# Rockets "expected" to show interest in Z. Randolph??



## OneBadLT123 (Oct 4, 2005)

hmmm

http://www.nydailynews.com/sports/b...f_jerry_sloan_if_dwight_ho.html#ixzz1DrHHXCBD



> SUMMER MOVE FOR RANDOLPH
> The Grizzlies have already spent significant money to re-sign Rudy Gay and Mike Conley Jr. Re-signing free-agent center Marc Gasol is a top priority, which means that free-agent-to-be Zach Randolph is going to be moving on this summer.
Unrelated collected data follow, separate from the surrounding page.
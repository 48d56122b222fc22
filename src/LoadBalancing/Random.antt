-- ===== src/LoadBalancing/Random.antt =====
-- pkg/loadbalancing/balancer.go, type RandomBalancer. The generator is math/rand's: a state and
-- Intn, which is below its argument.
-- The calls are taken one at a time. SelectBackend holds the lock for readers only, so two of them may
-- be in Intn of the one generator at once, which math/rand documents as unsafe; nothing is said of that.
pub mod Draws
mod Tests
use pin_go.Base.{ℕ, ◌<◌, String, true, false, List, [], ◌∷◌, Option, none, some, length, get_elem?}
use pin_go.LoadBalancing.Backends.{
  Backend, make_backends, get_healthy_backends, healthy_addresses, mark, no_healthy,
}
use pin_go.LoadBalancing.Contract.{Selection, selected, failed, crashed}

pub record Generator : Type 1 where
  pub Rand : Type 0
  pub intn : ℕ → Rand → ℕ × Rand
  pub intn_lt : (n : ℕ) (s : Rand) → 0 < n → (intn n s).0 < n

-- `rand.New(rand.NewSource(seed))` is the state that the balancer starts with.
module _ (gen : Generator) where
  open gen use {Rand, intn}

  pub record Random : Type 0 where
    pub backends : List Backend
    pub rand : Rand

  unfoldable pub new_random : List String → Rand → Random
  new_random addresses rand = record { backends = make_backends addresses; rand = rand }

  -- `healthyBackends[index].Address`; an index out of range would panic.
  pick : List Backend → ℕ → Selection
  pick bs index = elim (get_elem? bs index) [ none ↦ crashed | some b ↦ selected b.address ]

  -- The rest of `SelectBackend` on the list of healthy backends.
  choose : Random → List Backend → Random × Selection
  unfolding pick
  choose r [] = (r, failed no_healthy)
  choose r (b ∷ bs) =
      let (index, rand) = intn (length (b ∷ bs)) r.rand in
      (record r { rand = rand }, pick (b ∷ bs) index)

  unfoldable pub select_backend : Random → Random × Selection
  unfolding choose
  select_backend r = choose r (get_healthy_backends r.backends)

  unfoldable pub update_backends : Random → List String → Random
  update_backends r addresses = record r { backends = make_backends addresses }

  unfoldable pub mark_healthy : Random → String → Random
  unfolding mark
  mark_healthy r backend = record r { backends = mark true backend r.backends }

  unfoldable pub mark_unhealthy : Random → String → Random
  unfolding mark
  mark_unhealthy r backend = record r { backends = mark false backend r.backends }

  unfoldable pub get_healthy_addresses : Random → List String
  get_healthy_addresses r = healthy_addresses r.backends
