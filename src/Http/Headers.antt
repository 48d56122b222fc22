-- ===== src/Http/Headers.antt =====
-- pkg/http/headers.go: the http.Header of net/http that requests and responses keep, a map from
-- canonical names to lists of values. The canonical form of a name and the order of sort.Strings are
-- parameters.
pub mod Values
use Prim.Native.String.{◌++◌}
use mathlib.Core.List.{◌++◌ as ◌append◌}
use pin_go.Base.{String, List, [], ◌∷◌, map, Option, none, some}
use pin_go.Base.Dict.{Entries, lookup, insert, delete}
use pin_go.Errors.{Error, invalid_http_header, new}

abbrev pub Values : Type 0
Values = List String

abbrev pub no_name : Error
no_name = new invalid_http_header "header name cannot be empty"

abbrev pub or_empty : Option Values → Values
or_empty none = []
or_empty (some vs) = vs

abbrev pub first_value : Values → String
first_value [] = ""
first_value (v ∷ vs) = v

module _ (canonical : String → String) where
  -- `Header.Add`, `Header.Set`, `Header.Get` and `Header.Del`.
  unfoldable pub add : Entries Values → String → String → Entries Values
  add h name value =
      insert (canonical name) (or_empty (lookup (canonical name) h) append (value ∷ [])) h

  unfoldable pub assign : Entries Values → String → String → Entries Values
  assign h name value = insert (canonical name) (value ∷ []) h

  unfoldable pub value_of : Entries Values → String → String
  value_of h name = first_value (or_empty (lookup (canonical name) h))

  unfoldable pub del : Entries Values → String → Entries Values
  del h name = delete (canonical name) h

-- A line for each value of a name, before the text that follows.
value_lines : String → Values → String → String
value_lines name [] rest = rest
value_lines name (v ∷ vs) rest = name ++ (": " ++ (v ++ ("\r\n" ++ value_lines name vs rest)))

-- The loop over the sorted names.
header_lines : Entries Values → List String → String
unfolding value_lines
header_lines h [] = "\r\n"
header_lines h (k ∷ ks) = value_lines k (or_empty (lookup k h)) (header_lines h ks)

-- The lines of all headers and the empty line behind them.
unfoldable pub headers_text : (List String → List String) → Entries Values → String
unfolding header_lines
headers_text sorted h = header_lines h (sorted (map (λ p. p.0) h))
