-- ===== src/Programs.antt =====
-- cmd/pingora/main.go and internal/examples/examples.go: what their programs share, how one ends and
-- the loops of the two echo handlers over a header. The loops are written twice in the source, word
-- for word.
mod Separation
mod Tests
use Prim.Native.String.{◌++◌}
use pin_go.Base.{String, Bool, true, false, List, [], ◌∷◌, Option, none, some, if◌then◌else◌}
use pin_go.Base.Dict.{Entries}
use pin_go.Http.Headers.{Values}
use pin_go.Errors.{Error}

-- The end of a program: log.Fatalf with a message, or a return after the server.
pub data Ended : Type 0 where
  died : String → Error → Ended
  returned : Ended

-- What follows `server.RunForever()`.
unfoldable pub after_server : Option Error → Ended
after_server none = returned
after_server (some e) = died "Server failed" e

-- The line of a value of a name.
abbrev pub header_line : String → String → String
header_line key value = "\n    \"" ++ (key ++ ("\": \"" ++ (value ++ "\"")))

-- The loops over the values of a name and over the names, with `first`.
unfoldable pub echo_values : String → Values → Bool → String × Bool
echo_values key [] first = ("", first)
echo_values key (v ∷ vs) first =
    let (rest, last) = echo_values key vs false in
    ((if first then "" else ",") ++ (header_line key v ++ rest), last)

unfoldable pub echo_headers : Entries Values → Bool → String
unfolding echo_values
echo_headers [] first = ""
echo_headers ((key, vs) ∷ header) first =
    let (text, first') = echo_values key vs first in text ++ echo_headers header first'
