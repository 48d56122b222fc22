-- ===== src/LoadBalancing/RoundRobin.antt =====
-- pkg/loadbalancing/balancer.go, type RoundRobinBalancer. The counter is a uint64.
pub mod Turns
mod Tests
use pin_go.Base.{
  ℕ, zero, suc, ◌+◌, ◌%◌, ◌^◌, String, Bool, true, false, List, [], ◌∷◌, Option, none, some, length,
  get_elem?,
}
use pin_go.Errors.{Error}
use pin_go.LoadBalancing.Backends.{
  Backend, make_backends, get_healthy_backends, healthy_addresses, mark, no_healthy,
}
use pin_go.LoadBalancing.Contract.{Selection, selected, failed, crashed}

pub record RoundRobin : Type 0 where
  pub backends : List Backend
  pub current : ℕ

unfoldable pub new_round_robin : List String → RoundRobin
new_round_robin addresses = record { backends = make_backends addresses; current = 0 }

-- `healthyBackends[index].Address`; an index out of range would panic.
pick : List Backend → ℕ → Selection
pick bs index = elim (get_elem? bs index) [ none ↦ crashed | some b ↦ selected b.address ]

-- The rest of `SelectBackend` on the list of healthy backends.
choose : RoundRobin → List Backend → RoundRobin × Selection
unfolding pick
choose r [] = (r, failed no_healthy)
choose r (b ∷ bs) =
    let current = (r.current + 1) % 2 ^ 64 in
    (record r { current = current }, pick (b ∷ bs) (current % length (b ∷ bs)))

unfoldable pub select_backend : RoundRobin → RoundRobin × Selection
unfolding choose
select_backend r = choose r (get_healthy_backends r.backends)

unfoldable pub update_backends : RoundRobin → List String → RoundRobin
update_backends r addresses = record { backends = make_backends addresses; current = 0 }

unfoldable pub mark_healthy : RoundRobin → String → RoundRobin
unfolding mark
mark_healthy r backend = record r { backends = mark true backend r.backends }

unfoldable pub mark_unhealthy : RoundRobin → String → RoundRobin
unfolding mark
mark_unhealthy r backend = record r { backends = mark false backend r.backends }

unfoldable pub get_healthy_addresses : RoundRobin → List String
get_healthy_addresses r = healthy_addresses r.backends
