-- ===== src/Bridge/Sinks/Drain.antt =====
-- A stream that iroh has ended is emptied into Dart's port by as many polls as it has items, and one.
use iroh_dart.Prelude.{
  ==_self, ℕ, zero, suc, ◌≡◌, refl, sym, ap, ◌∙◌, subst, Bool, true, false, some, List, [], ◌∷◌,
  ◌++◌, map, length, All, append_assoc, append-nil, if◌then◌else◌, update, arith,
}
use mathlib.Core.List.{map-append}
use iroh_dart.Runtime.{looping, leaving, leave_loop}
use iroh_dart.Wire.Dart.{BufferLaws}
use iroh_dart.Bridge.Sinks.{
  Sources, Item, Stream, System, show, message, listen, loop_turn, loop_turn_on, poll_loop,
}
use iroh_dart.Bridge.Sinks.Steps.{Reach}
use iroh_dart.Bridge.Sinks.Laws.{Delivers, Fits, Reach-Inv, listen-messages}

module _ (src : Sources) where
  -- The task is polled so many times, and its sink accepts.
  pub poll_times : ℕ → ℕ → System src → System src
  poll_times zero id s = s
  poll_times (suc n) id s = poll_times n id (poll_loop src true id s)

  update_self : {A : Type 0} (f : ℕ → A) (k : ℕ) (a : A) → update f k a k ≡ a
  update_self f k a = rw (==_self k)

  pc_after :
      (id : ℕ) (s : System src) (left : Bool)
      → (s.runtime.task id).pc ≡ looping
      → ((if left then leave_loop id s.runtime else s.runtime).task id).pc
        ≡ (if left then leaving else looping)
  unfolding leave_loop
  pc_after id s true run = rw (==_self id)
  pc_after id s false run = run

  poll_loop_lem :
      (id : ℕ) (s : System src) (st st' : Stream src) (left : Bool)
      → s.streams id ≡ st
      → (s.runtime.task id).pc ≡ looping
      → loop_turn src true st ≡ (st', left)
      → ((poll_loop src true id s).streams id ≡ st')
        × (((poll_loop src true id s).runtime.task id).pc ≡ (if left then leaving else looping))
  unfolding poll_loop
  poll_loop_lem id s st st' left at run e =
      let turned : loop_turn src true (s.streams id) ≡ (st', left) =
        ap (loop_turn src true) at ∙ e in
      (
        update_self s.streams id _ ∙ ap (λ (t : Stream src × Bool). t.0) turned,
        pc_after id s (loop_turn src true (s.streams id)).1 run
            ∙ ap (λ (t : Stream src × Bool). if t.1 then leaving else looping) turned,
      )

  poll_times_lem :
      (n id : ℕ) (s : System src) (st : Stream src) (ws : List (Item src st.call))
      → length ws ≡ n
      → s.streams id ≡ st
      → st.waiting ≡ ws
      → st.over ≡ true
      → (s.runtime.task id).pc ≡ looping
      → (((poll_times (suc n) id s).runtime.task id).pc ≡ leaving)
        × (((poll_times (suc n) id s).streams id).sent ≡ st.sent ++ map (message src st.call) ws)
  unfolding poll_times loop_turn
  poll_times_lem zero id s st [] len at rest over run =
      let turned : loop_turn src true st ≡ (st, true) =
        ap (loop_turn_on src true st) rest ∙ ap (λ (b : Bool). (st, b)) over in
      let (at', run') = poll_loop_lem id s st st true at run turned in
      (run', ap (λ (t : Stream src). t.sent) at' ∙ sym (append-nil st.sent))
  poll_times_lem (suc n) id s st [] len at rest over run = absurd (omega arith)
  poll_times_lem zero id s st (x ∷ xs) len at rest over run = absurd (omega arith)
  poll_times_lem (suc n) id s st (x ∷ xs) len at rest over run =
      let st' : Stream src = record st {
        waiting = xs;
        sent = st.sent ++ message src st.call x ∷ [];
      } in
      let turned : loop_turn src true st ≡ (st', false) = ap (loop_turn_on src true st) rest in
      let (at', run') = poll_loop_lem id s st st' false at run turned in
      let (out, sent) =
        poll_times_lem n id (poll_loop src true id s) st' xs (omega arith) at' refl over run' in
      (out, sent ∙ append_assoc st.sent (message src st.call x ∷ []) _)

  sent-waiting :
      (st : Stream src)
      → Delivers src looping st
      → st.sent ++ map (message src st.call) st.waiting ≡ map (message src st.call) st.yielded
  sent-waiting st d =
      ap (λ ms. ms ++ map (message src st.call) st.waiting) d.sent
      ∙ sym (map-append (message src st.call) d.done st.waiting)
      ∙ ap (map (message src st.call)) (ap (λ xs. d.done ++ xs) (sym (d.going refl)) ∙ sym d.split)

  -- If Dart's buffer keeps `BufferLaws`: take a reachable state and a stream that iroh has ended,
  -- whose items the codec carries and whose task is in its loop. If its sink accepts, then after as
  -- many polls as there are items that the task has not taken, and one, the task has left its loop,
  -- and Dart's listener has got all the items of the stream, in their order.
  pub listen-poll_times :
      {s : System src} (id : ℕ)
      → BufferLaws src.cursor src.buffer
      → Reach src s
      → (s.runtime.task id).pc ≡ looping
      → (s.streams id).over ≡ true
      → All (Fits src (s.streams id).call) (s.streams id).yielded
      → (((poll_times (suc (length (s.streams id).waiting)) id s).runtime.task id).pc ≡ leaving)
        × (listen src
              (s.streams id).call
              ((poll_times (suc (length (s.streams id).waiting)) id s).streams id).sent
            ≡ some (map (show src (s.streams id).call) (s.streams id).yielded))
  listen-poll_times {s} id laws r run over fits =
      let st = s.streams id in
      let d : Delivers src looping st = subst (λ pc. Delivers src pc st) run (Reach-Inv src r id) in
      let (out, sent) =
        poll_times_lem (length st.waiting) id s st st.waiting refl refl refl over run in
      (
        out,
        ap (listen src st.call) (sent ∙ sent-waiting st d)
            ∙ listen-messages src laws st.call st.yielded fits,
      )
Considering their financial plight, there's no way Memphis can afford to pay the ex-Knick and has already reached that decision, according to team sources.
> 
> *Randolph, who could have replaced the injured Yao Ming as an All-Star but lost out to Minnesota's Kevin Love, is expected to get interest from Cleveland and Houston.*


----------



## Basel (Mar 31, 2005)

Who would Houston offer?


----------



## Dre (Jun 20, 2003)

Benjamin Franklin


----------



## Spaceman Spiff (Aug 2, 2006)

I'd rather go for Thabeet.


----------



## Dre (Jun 20, 2003)




----------



## Dissonance (Jul 21, 2004)

:yep: Spaceman's been watching KVBL Thabeet. Superstar defender.


----------



## OneBadLT123 (Oct 4, 2005)

Basel said:


> Who would Houston offer?


Honestly I have no idea what the Rockets could offer Memphis that would benefit them. I am not sure exactly what they need or how much cap relief (if any) they need too.


----------



## Spaceman Spiff (Aug 2, 2006)

Sounds ridiculous until you see the interior defense. Zach won't give us anything Scola can't already.


----------



## hroz (Mar 4, 2006)

I think Brooks and Scola are our best trading block here.

This doesnt stop the fact we have no centre though.


----------